The man said something in his native tongue to the boy, then answered. "It going good. Where is stranger from?"

"Over the sea and above the sky," Coranthin replied truthfully, knowing that no one in their right mind would believe it. The older man jabbered excitedly to the boy and the boy laughed in response. Coranthin waited for the man to speak, but instead it was the boy who broke the silence.

"My father wonder's how many of the nine worlds you have been to." The boy laughed again, then continued before Coranthin could explain. "My name is Axel and this is my father Njord." Axel held out his hand and Coranthin accepted it.

"Coranthin," he said as he released the boy's hand. "You speak Latin very well."

Axel smiled at the compliment. "My mother and father taught all of us. Me and my sisters are fluent, but my parents weren't raised with it."

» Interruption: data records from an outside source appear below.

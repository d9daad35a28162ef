-- ===== src/Integ/Events/Interleaving.antt =====
-- PrintEvents of internal/integ/k8s/k8s.go as the goroutines run it: `Load` and `Store` are atomic
-- each, and between the two other goroutines run.
use exoscale_csi_driver.Base.{
  String, ◌≡◌, refl, inl, inr, List, [], ◌∷◌, ◌++◌, if◌then◌else◌, Bool-cases,
}
use exoscale_csi_driver.Integ.Kubernetes.{Kubernetes}
use exoscale_csi_driver.Integ.K8s.{Kube}
use exoscale_csi_driver.Integ.Events.{load, insert_key, print_events}

-- Where a goroutine stands: before `Load`, before `Store`, in the watch behind it, behind the one event
-- of the watch or the end of the context, or behind the early return.
pub data Stage : Type 0 where
  loading storing watching finished returned : Stage

pub record Goroutine : Type 0 where
  pub namespace : String
  pub stage : Stage

-- The keys of WatchedNamespaces, and the goroutines.
pub record System : Type 0 where
  pub watched : List String
  pub goroutines : List Goroutine

-- The next step of a goroutine: an atomic operation on the map, or the end of the watch.
unfoldable pub advance_from : Stage → String → List String → List String × Stage
unfolding load insert_key
advance_from loading ns watched = (watched, if load ns watched then returned else storing)
advance_from storing ns watched = (insert_key ns watched, watching)
advance_from watching ns watched = (watched, finished)
advance_from finished ns watched = (watched, finished)
advance_from returned ns watched = (watched, returned)

unfoldable pub advance : List String → Goroutine → List String × Goroutine
unfolding advance_from
advance watched g =
    let next = advance_from g.stage g.namespace watched in (next.0, record g { stage = next.1 })

abbrev pub started : String → Goroutine
started ns = record { namespace = ns; stage = loading }

abbrev pub initial : System
initial = record { watched = []; goroutines = [] }

pub data Step : System → System → Type 0 where
  start : (ns : String) (s : System) → Step s (record s { goroutines = started ns ∷ s.goroutines })
  run :
      (watched : List String) (before behind : List Goroutine) (g : Goroutine)
      → Step
          (record { watched = watched; goroutines = before ++ g ∷ behind })
          (record {
            watched = (advance watched g).0;
            goroutines = before ++ (advance watched g).1 ∷ behind;
          })

pub data Reach : System → Type 0 where
  here : Reach initial
  next : {s t : System} → Reach s → Step s t → Reach t

module _ {W : Type 0} (K : Kubernetes W) where
  -- A call that no other goroutine interrupts leaves the map as two steps of its goroutine do.
  pub print_events-advance :
      (ns : String) (s : Kube W)
      → (print_events K ns s).1.k8s.watched_namespaces
        ≡ (let first = advance s.k8s.watched_namespaces (started ns) in advance first.0 first.1).0
  unfolding print_events advance insert_key
  print_events-advance ns s = elim (Bool-cases (load ns s.k8s.watched_namespaces)) [
    | inl there ↦ rw there refl
    | inr new ↦ rw (new, new) refl
  ]
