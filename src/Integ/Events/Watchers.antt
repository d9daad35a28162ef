-- ===== src/Integ/Events/Watchers.antt =====
-- Which namespaces the goroutines of PrintEvents note, and which they watch.
use exoscale_csi_driver.Base.{
  ℕ, ◌+◌, ◌≤◌, String, ◌≡◌, refl, sym, ◌∙◌, subst, ◌⊎◌, inl, inr, Bool, true, false, ◌&&◌, List, [],
  ◌∷◌, ◌++◌, arith, str_eq, str_eq_iff, str_eq_refl, ltb, Bool-cases, any,
}
use exoscale_csi_driver.Integ.Events.{load, insert_key}
use exoscale_csi_driver.Integ.Events.Interleaving.{
  Stage, loading, storing, watching, finished, returned, Goroutine, System, advance_from, advance,
  started, initial, Step, start, run, Reach, here, next,
}

abbrev pub one_if : Bool → ℕ
one_if true = 1
one_if false = 0

-- How often a name stands in a list.
abbrev pub count : String → List String → ℕ
count ns [] = 0
count ns (x ∷ xs) = one_if (str_eq x ns) + count ns xs

-- Behind `Store`.
abbrev pub is_behind_store : Stage → Bool
is_behind_store watching = true
is_behind_store finished = true
is_behind_store _ = false

abbrev pub is_returned : Stage → Bool
is_returned returned = true
is_returned _ = false

-- How many goroutines for a namespace stand at such a stage.
abbrev pub standing : (Stage → Bool) → String → List Goroutine → ℕ
standing f ns [] = 0
standing f ns (g ∷ gs) = one_if (str_eq g.namespace ns && f g.stage) + standing f ns gs

standing-append :
    (f : Stage → Bool) (ns : String) (xs ys : List Goroutine)
    → standing f ns (xs ++ ys) ≡ standing f ns xs + standing f ns ys
standing-append f ns [] ys = omega arith
standing-append f ns (x ∷ xs) ys = omega (arith, standing-append f ns xs ys)

-- A key is there once if a goroutine is behind `Store`, and not at all if none is; and if one has
-- returned early there is one behind `Store`.
abbrev Agree : ℕ → ℕ → ℕ → Type 0
Agree keys stored early = (keys ≡ one_if (ltb 0 stored)) × ((early ≡ 0) ⊎ (1 ≤ stored))

load-count : (ns : String) (watched : List String) → load ns watched ≡ ltb 0 (count ns watched)
unfolding load any
load-count ns [] = refl
load-count ns (x ∷ xs) = elim (Bool-cases (str_eq x ns)) [
  | inl same ↦ rw same (ground arith)
  | inr other ↦ rw other (ground (arith, load-count ns xs))
]

insert_key-count :
    (ns : String) (watched : List String)
    → count ns watched ≤ 1
    → count ns (insert_key ns watched) ≡ 1
unfolding insert_key
insert_key-count ns watched small = elim (Bool-cases (load ns watched)) [
  | inl there ↦ rw there (ground (arith, load-count ns watched))
  | inr absent ↦ rw (absent, str_eq_refl ns) (ground (arith, load-count ns watched))
]

insert_key-count_other :
    (ns name : String) (watched : List String)
    → str_eq name ns ≡ false
    → count ns (insert_key name watched) ≡ count ns watched
unfolding insert_key
insert_key-count_other ns name watched other = elim (Bool-cases (load name watched)) [
  | inl there ↦ rw there refl
  | inr absent ↦ rw (absent, other) (omega arith)
]

-- One step of a goroutine for the namespace keeps the numbers in agreement, with `stored` and `early`
-- other goroutines for it.
advance_from-Agree :
    (stage : Stage) (ns : String) (watched : List String) (stored early : ℕ)
    → Agree
        (count ns watched)
        (one_if (is_behind_store stage) + stored)
        (one_if (is_returned stage) + early)
    → let next = advance_from stage ns watched in
      Agree
        (count ns next.0)
        (one_if (is_behind_store next.1) + stored)
        (one_if (is_returned next.1) + early)
unfolding advance_from
advance_from-Agree loading ns watched stored early h = elim (Bool-cases (load ns watched)) [
  | inl there ↦ rw there (h.0, inr (ground (arith, h.0, load-count ns watched, there)))
  | inr absent ↦ rw absent h
]
advance_from-Agree storing ns watched stored early h =
    (insert_key-count ns watched (ground (arith, h.0)) ∙ ground arith, inr (omega arith))
advance_from-Agree watching ns watched stored early h = h
advance_from-Agree finished ns watched stored early h = h
advance_from-Agree returned ns watched stored early h = h

advance_from-count_other :
    (stage : Stage) (ns name : String) (watched : List String)
    → str_eq name ns ≡ false
    → count ns (advance_from stage name watched).0 ≡ count ns watched
unfolding advance_from
advance_from-count_other storing ns name watched other =
    insert_key-count_other ns name watched other
advance_from-count_other loading ns name watched other = refl
advance_from-count_other watching ns name watched other = refl
advance_from-count_other finished ns name watched other = refl
advance_from-count_other returned ns name watched other = refl

-- The same for a goroutine for any namespace.
advance_from-Agree_any :
    (stage : Stage) (ns name : String) (watched : List String) (stored early : ℕ)
    → Agree
        (count ns watched)
        (one_if (str_eq name ns && is_behind_store stage) + stored)
        (one_if (str_eq name ns && is_returned stage) + early)
    → let next = advance_from stage name watched in
      Agree
        (count ns next.0)
        (one_if (str_eq name ns && is_behind_store next.1) + stored)
        (one_if (str_eq name ns && is_returned next.1) + early)
advance_from-Agree_any stage ns name watched stored early h = elim (Bool-cases (str_eq name ns)) [
  | inl same ↦
      subst
        (λ m.
          Agree (count ns (advance_from stage m watched).0)
            (one_if (str_eq m ns && is_behind_store (advance_from stage m watched).1) + stored)
            (one_if (str_eq m ns && is_returned (advance_from stage m watched).1) + early))
        (sym ((str_eq_iff name ns).0 same))
        (rw (str_eq_refl ns) (advance_from-Agree stage ns watched stored early (rw same at h)))
  | inr other ↦ rw (other, advance_from-count_other stage ns name watched other) (rw other at h)
]

Agree-eq :
    {keys stored stored' early early' : ℕ}
    → stored ≡ stored'
    → early ≡ early'
    → Agree keys stored early
    → Agree keys stored' early'
Agree-eq {keys} {early' = early'} e f h = subst (λ p. Agree keys p early') e (rw (← f) h)

Agrees : String → System → Type 0
Agrees ns s =
    Agree (count ns s.watched) (standing is_behind_store ns s.goroutines)
      (standing is_returned ns s.goroutines)

Step-Agrees : (ns : String) {s t : System} → Step s t → Agrees ns s → Agrees ns t
unfolding advance Agrees
Step-Agrees ns (start name s) h = Agree-eq (ground arith) (ground arith) h
Step-Agrees ns (run watched before behind g) h =
    let g' = (advance watched g).1 in
    let at = λ (f : Stage → Bool). standing f ns before + standing f ns behind in
    Agree-eq (omega (arith, standing-append is_behind_store ns before (g' ∷ behind)))
      (omega (arith, standing-append is_returned ns before (g' ∷ behind)))
      (advance_from-Agree_any g.stage ns g.namespace watched (at is_behind_store) (at is_returned) (
        Agree-eq (omega (arith, standing-append is_behind_store ns before (g ∷ behind)))
          (omega (arith, standing-append is_returned ns before (g ∷ behind))) h))

-- However the goroutines of PrintEvents are started and interleaved: a namespace is a key of
-- WatchedNamespaces, then once, exactly if one of its goroutines has noted it, which watches it or has
-- done so; and if one of its goroutines has returned early, then another one has noted it.
pub Reach-watched :
    (ns : String) {s : System}
    → Reach s
    → (count ns s.watched ≡ one_if (ltb 0 (standing is_behind_store ns s.goroutines)))
      × ((standing is_returned ns s.goroutines ≡ 0)
          ⊎ (1 ≤ standing is_behind_store ns s.goroutines))
unfolding Agrees
Reach-watched ns here = (refl, inl refl)
Reach-watched ns (next r step) = Step-Agrees ns step (Reach-watched ns r)

abbrev at_stage : String → Stage → Goroutine
at_stage ns stage = record { namespace = ns; stage = stage }

abbrev pub both_watching : String → System
both_watching ns = record {
  watched = ns ∷ [];
  goroutines = at_stage ns watching ∷ at_stage ns watching ∷ [];
}

-- Two goroutines that are started for the same namespace, whatever it is, can both come to watch it:
-- `Load` and `Store` are two operations, and both goroutines may load before one of them stores.
pub both_watching-Reach : (ns : String) → Reach (both_watching ns)
unfolding advance insert_key any
both_watching-Reach ns =
    let first : Goroutine = at_stage ns storing in
    let one_watching : Reach
        (record { watched = ns ∷ []; goroutines = at_stage ns watching ∷ first ∷ [] }) =
      next
        (next
          (next (next (next here (start ns initial)) (start ns _))
            (run [] [] (started ns ∷ []) (started ns)))
          (run [] (first ∷ []) [] (started ns)))
        (run [] [] (first ∷ []) first) in
    subst
      (λ watched. Reach (record {
        watched = watched;
        goroutines = at_stage ns watching ∷ at_stage ns watching ∷ [];
      }))
      (rw (str_eq_refl ns) refl)
      (next one_watching (run (ns ∷ []) (at_stage ns watching ∷ []) [] first))
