-- ===== src/Integ/Flags/Once.antt =====
-- What the first call of ValidateFlags says, and the later ones.
use exoscale_csi_driver.Base.{
  ◌≡◌, refl, ◌≢◌, ◌↔◌, ◌⊎◌, inl, inr, false, arith, str_eq, str_eq_iff, Bool-cases, str_eq-false,
  ne_of_str_eq-false, ok,
}
use exoscale_csi_driver.Integ.Flags.{Flags, FlagState, result_of, flags_error, validate_flags}

-- The cluster is named, and no image is given that would not be applied.
abbrev pub IsUsable : Flags → Type 0
IsUsable flags = (flags.cluster_name ≢ "") × ((flags.image ≡ "") ⊎ (flags.dont_apply_csi ≡ false))

IsUsable-of_result : (flags : Flags) → result_of (flags_error flags) ≡ ok tt → IsUsable flags
unfolding flags_error
IsUsable-of_result flags h = elim (Bool-cases (str_eq flags.cluster_name "")) [
  | inl unnamed ↦ absurd (ground (arith, unnamed, h))
  | inr named ↦ (ne_of_str_eq-false flags.cluster_name "" named, applied named)
]
  where
    applied :
        str_eq flags.cluster_name "" ≡ false → (flags.image ≡ "") ⊎ (flags.dont_apply_csi ≡ false)
    applied named = elim (Bool-cases (str_eq flags.image "")) [
      | inl bare ↦ inl ((str_eq_iff flags.image "").0 bare)
      | inr given ↦ elim (Bool-cases flags.dont_apply_csi) [
        | inl kept ↦ absurd (cc (rw (given, kept) at h))
        | inr apply ↦ inr apply
      ]
    ]

result-of_IsUsable : (flags : Flags) → IsUsable flags → result_of (flags_error flags) ≡ ok tt
unfolding flags_error
result-of_IsUsable flags (named, inl bare) = rw (bare, str_eq-false flags.cluster_name "" named)
result-of_IsUsable flags (named, inr apply) = elim (Bool-cases (str_eq flags.image "")) [
  | inl bare ↦ rw (bare, str_eq-false flags.cluster_name "" named)
  | inr given ↦ rw (given, apply, str_eq-false flags.cluster_name "" named)
]

-- The first call of ValidateFlags reads the command line, and returns nil exactly for flags that name
-- a cluster and do not give an image together with the flag that says not to apply the driver. Every
-- later call changes nothing and returns nil, also where the first one has returned an error.
pub validate_flags_once :
    (s : FlagState)
    → s.validated ≡ false
    → (((validate_flags s).0 ≡ ok tt) ↔ IsUsable s.command_line)
      × ((validate_flags s).1.values ≡ s.command_line)
      × (validate_flags (validate_flags s).1 ≡ (ok tt, (validate_flags s).1))
unfolding validate_flags
validate_flags_once s fresh =
    rw fresh ((IsUsable-of_result s.command_line, result-of_IsUsable s.command_line), refl, refl)
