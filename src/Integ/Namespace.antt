-- ===== src/Integ/Namespace.antt =====
-- internal/integ/k8s/namespace.go: a test's namespace, and the manifests in it.
use exoscale_csi_driver.Base.{
  String, ◌<>◌, Bool, true, not, none, some, List, ◌∷◌, if◌then◌else◌, Action, pure, lift, handle,
  ◌>>=◌, ◌>>◌, ok,
}
use exoscale_csi_driver.Integ.Kubernetes.{
  RestConfig, ApiResource, GroupVersion, Unstructured, Kubernetes,
}
use exoscale_csi_driver.Integ.K8s.{
  Kube, in_world, resource_of, find_resource, start_goroutine, events,
}
use exoscale_csi_driver.Base.Decimal.{itoa}

-- Of testing.T: whether the test has failed, and the namespaces that its clean-up deletes, the last
-- one that was registered first.
pub record Testing (W : Type 0) : Type 0 where
  pub failed : Bool
  pub cleanups : List String
  pub kube : Kube W

-- The fields of the template pvcTemplate, which text/template fills in as they are.
pub record Pvc : Type 0 where
  pub name : String
  pub storage_class_name : String
  pub size : String

unfoldable pub pvc_manifest : Pvc → String
pvc_manifest data_of =
    "\napiVersion: v1\nkind: PersistentVolumeClaim\nmetadata:\n  name: "
    <> (data_of.name
        <> ("\nspec:\n  accessModes:\n  - ReadWriteOnce\n  resources:\n    requests:\n      storage: "
            <> (data_of.size <> ("\n  storageClassName: " <> data_of.storage_class_name))))

unfoldable pub pvc_of : String → String → Bool → Pvc
pvc_of name size use_storage_class_retain =
    let data_of : Pvc = record { name = name; storage_class_name = "exoscale-sbs"; size = size } in
    if use_storage_class_retain
    then record data_of { storage_class_name = "exoscale-bs-retain" }
    else data_of

module _ {W : Type 0} where
  abbrev pub in_kube : {A : Type 0} → Action (Kube W) A → Action (Testing W) A
  in_kube m s = ((m s.kube).0, record s { kube = (m s.kube).1 })

  -- t.Error, and assert.NoError behind a call
  abbrev pub test_error : Action (Testing W) (Unit {0})
  test_error s = (ok tt, record s { failed = true })

  abbrev pub assert_no_error : {A : Type 0} → Action (Testing W) A → Action (Testing W) (Unit {0})
  assert_no_error m = handle m (λ _. test_error) (λ _. pure tt)

  abbrev register_cleanup : String → Action (Testing W) (Unit {0})
  register_cleanup name s = (ok tt, record s { cleanups = name ∷ s.cleanups })

module _ {W : Type 0} (K : Kubernetes W) where
  -- The part that Apply and Delete share: the object, put into the namespace, and its resource.
  unfoldable pub with_object :
      String
      → (RestConfig → GroupVersion → ApiResource → Unstructured → Action W (Unit {0}))
      → String
      → Action (Testing W) (Unit {0})
  unfolding find_resource
  with_object ns act manifest =
      handle (lift (K.decode manifest)) (λ _. test_error)
        (λ decoded s. elim (find_resource decoded.1.kind s.kube.k8s.resource_list) [
          | none ↦ test_error s
          | some res ↦
              assert_no_error
                (in_kube (
                  in_world (
                    act s.kube.k8s.dynamic_client decoded.0 res
                      (record decoded.1 { namespace = ns }))))
                s
        ])

  unfoldable pub apply : String → String → Action (Testing W) (Unit {0})
  unfolding with_object
  apply ns manifest =
      with_object ns (λ client version res obj. K.create client (resource_of version res) ns obj)
        manifest

  unfoldable pub delete : String → String → Action (Testing W) (Unit {0})
  unfolding with_object
  delete ns manifest =
      with_object ns
        (λ client version res obj. K.delete client (resource_of version res) ns obj.name) manifest

  unfoldable pub apply_pvc : String → String → String → Bool → Action (Testing W) (Unit {0})
  unfolding pvc_manifest pvc_of apply
  apply_pvc ns name size use_storage_class_retain =
      apply ns (pvc_manifest (pvc_of name size use_storage_class_retain))

  unfoldable pub generate_ns_name : String → Action W String
  generate_ns_name test_name = do
    n ← K.rand_int
    pure ("csi-test-ns" <> ("-" <> (test_name <> ("-" <> itoa n))))

  abbrev create_and_check : String → Action (Testing W) (Unit {0})
  create_and_check name s =
      assert_no_error (in_kube (in_world (K.create_namespace s.kube.k8s.client_set name))) s

  -- The flag says to keep the namespaces.
  unfoldable pub create_test_namespace : Bool → String → Action (Testing W) String
  unfolding generate_ns_name
  create_test_namespace dont_clean_up test_name = do
    name ← in_kube (in_world (generate_ns_name test_name))
    create_and_check name
    in_kube (start_goroutine (events name))
    if not dont_clean_up then register_cleanup name else pure tt
    pure name

  -- The function that a test's clean-up calls for each namespace that was registered.
  unfoldable pub clean_up : String → Action (Testing W) (Unit {0})
  clean_up name s =
      assert_no_error (in_kube (in_world (K.delete_namespace s.kube.k8s.client_set name))) s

Coranthin didn't know how much these people knew of eastern myths, but he supposed that even if they did it was so far from the truth that they would never suspect his background. "I wonder if perhaps you have any olive oil to trade?"

Axel translated a few words, but before he had finished Coranthin heard something coming out of the woods behind him and turned to look in a defensive crouch. A small flock of sheep came one by one from the forest followed by a young lady who looked as though she lived with the animals. Coranthin's nerves took a few moments to settle, after which he turned back to the father and son. Axel looked to Njord with anxious eyes before the man waved him away. Axel ran to the flock, which was now following a small path toward a distant farm, and embraced the girl that was leading them.

"Heh, kids!" Njord grumbled. Coranthin waited a long moment and wondered if Njord had forgotten about him, then the man gave him a long look. "You in trouble," he stammered, "running?"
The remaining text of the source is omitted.